**Your goal:**
This exercise calls for every line of the listing below that contains the word "repriced".

::::

-- ===== src/Gateway/Partial.antt =====
-- crates/gateway/src/lib.rs: the open orders of a `PaperAdapter` when its order book is replaced.
use feynman_engine.Prelude.{
  ◌≡◌, refl, false, Option, none, some, String, List, [], ◌∷◌, Map, lookup, arith, Bool-cases, inl,
  inr,
}
use feynman_engine.Externs.{Externs, ExactArithmetic, le}
use feynman_engine.Externs.Arithmetic.{
  add_parts, sub_parts, zero_above, zero_below, lt_true, one_sided,
}
use feynman_engine.Types.Market.{OrderbookSnapshot}
use feynman_engine.Gateway.Errors.{Result, ok, err}
use feynman_engine.Gateway.Simulator.{
  FillSimulationOutcome, resting, executed, SimulatedFill, is_complete,
}
use feynman_engine.Gateway.Submission.{VenueFill, order_core_from_submission}
use feynman_engine.Gateway.Paper.{PaperOpenOrder, Simulator, remaining_qty}
use feynman_engine.Gateway.Reprice.{
  reprice_one, reprice_found, repriced, reprice_all, after_fill, continue, prepend,
}
use feynman_engine.Gateway.Ledger.{IsPartial, insert-IsPartial, remove-IsPartial}
use feynman_engine.Gateway.Conserving.{IsConserving}

module _ (E : Externs) (X : ExactArithmetic E) where
  open E use {zero_dec, lt, add}

  -- Each open order has a quantity left.
  abbrev pub ArePartial : Map (PaperOpenOrder E) → Type 0
  ArePartial orders =
      (id : String) (o : PaperOpenOrder E) → lookup id orders ≡ some o → IsPartial E X o

  module _ (simulator : Simulator E) (c : IsConserving E X simulator)
      (book : OrderbookSnapshot E) where
    filled_more :
        (id : String) (o : PaperOpenOrder E) (f : SimulatedFill E)
        → IsPartial E X o
        → simulator
            (order_core_from_submission E o.submission o.accepted_at (remaining_qty E o))
            id
            book
          ≡ ok (executed f)
        → is_complete E f ≡ false
        → IsPartial E X (record o { filled_qty = add o.filled_qty f.fill.qty })
    unfolding order_core_from_submission remaining_qty
    filled_more id o f p h partly =
        let core = order_core_from_submission E o.submission o.accepted_at (remaining_qty E o) in
        let (filled, fill_nonneg, rest_nonneg, sum) = c.conserves core id book f h in
        ground (
          arith,
          zero_above E X,
          zero_below E X,
          add_parts E X o.filled_qty f.fill.qty,
          sub_parts E X o.submission.qty o.filled_qty,
          one_sided E X (E.sub o.submission.qty o.filled_qty),
          one_sided E X (add o.filled_qty f.fill.qty),
          lt_true E X f.remaining_qty zero_dec,
          lt_true E X zero_dec f.remaining_qty,
        )

    after_fill-ArePartial :
        (id : String) (o : PaperOpenOrder E) (f : SimulatedFill E) (orders : Map (PaperOpenOrder E))
        → ArePartial orders
        → (is_complete E f ≡ false
            → IsPartial E X (record o { filled_qty = add o.filled_qty f.fill.qty }))
        → ArePartial (after_fill E id o f orders)
    after_fill-ArePartial id o f orders ps p = elim (Bool-cases (is_complete E f)) [
      | inl complete ↦ rw complete (remove-IsPartial E X id orders ps)
      | inr partly ↦ rw partly (
          insert-IsPartial E X id (record o { filled_qty = add o.filled_qty f.fill.qty }) orders
            (p partly) ps)
    ]

    repriced-ArePartial :
        (r : Result (FillSimulationOutcome E)) (id : String) (o : PaperOpenOrder E)
        (orders : Map (PaperOpenOrder E))
        → ArePartial orders
        → ((f : SimulatedFill E)
            → r ≡ ok (executed f)
            → is_complete E f ≡ false
            → IsPartial E X (record o { filled_qty = add o.filled_qty f.fill.qty }))
        → ArePartial (repriced E r id o orders).0
    repriced-ArePartial (err e) id o orders ps p = ps
    repriced-ArePartial (ok resting) id o orders ps p = ps
    repriced-ArePartial (ok (executed f)) id o orders ps p =
        after_fill-ArePartial id o f orders ps (p f refl)

    found-ArePartial :
        (found : Option (PaperOpenOrder E)) (id : String) (orders : Map (PaperOpenOrder E))
        → ArePartial orders
        → lookup id orders ≡ found
        → ArePartial (reprice_found E found simulator book id orders).0
    found-ArePartial none id orders ps e = ps
    found-ArePartial (some o) id orders ps e =
        let remaining = remaining_qty E o in
        let core = order_core_from_submission E o.submission o.accepted_at remaining in
        elim (Bool-cases (le E remaining zero_dec)) [
          | inl done ↦ rw done (remove-IsPartial E X id orders ps)
          | inr left ↦ rw left (
              repriced-ArePartial (simulator core id book) id o orders ps
                (λ f. filled_more id o f (ps id o e)))
        ]

    pub all-ArePartial :
        (ids : List String) (orders : Map (PaperOpenOrder E))
        → ArePartial orders
        → ArePartial (reprice_all E simulator book ids orders).0
    unfolding reprice_all reprice_one
    all-ArePartial [] orders ps = ps
    all-ArePartial (id ∷ ids) orders ps =
        continue-ArePartial (reprice_one E simulator book id orders)
          (reprice_all E simulator book ids) (found-ArePartial (lookup id orders) id orders ps refl)
          (all-ArePartial ids)
      where
        continue-ArePartial :
            (r : Map (PaperOpenOrder E) × Result (List (VenueFill E)))
            (later : Map (PaperOpenOrder E) → Map (PaperOpenOrder E) × Result (List (VenueFill E)))
            → ArePartial r.0
            → ((orders : Map (PaperOpenOrder E)) → ArePartial orders → ArePartial (later orders).0)
            → ArePartial (continue E r later).0
        continue-ArePartial (orders, err e) later ps keep = ps
        continue-ArePartial (orders, ok fills) later ps keep =
            prepend-ArePartial fills (later orders) (keep orders ps)
          where
            prepend-ArePartial :
                (fills : List (VenueFill E))
                (r : Map (PaperOpenOrder E) × Result (List (VenueFill E)))
                → ArePartial r.0
                → ArePartial (prepend E fills r).0
            prepend-ArePartial fills (orders, ok later) ps = ps
            prepend-ArePartial fills (orders, err e) ps = ps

::::

**Expected answer:**
  reprice_one, reprice_found, repriced, reprice_all, after_fill, continue, prepend,
    repriced-ArePartial :
        → ArePartial (repriced E r id o orders).0
    repriced-ArePartial (err e) id o orders ps p = ps
    repriced-ArePartial (ok resting) id o orders ps p = ps
    repriced-ArePartial (ok (executed f)) id o orders ps p =
              repriced-ArePartial (simulator core id book) id o orders ps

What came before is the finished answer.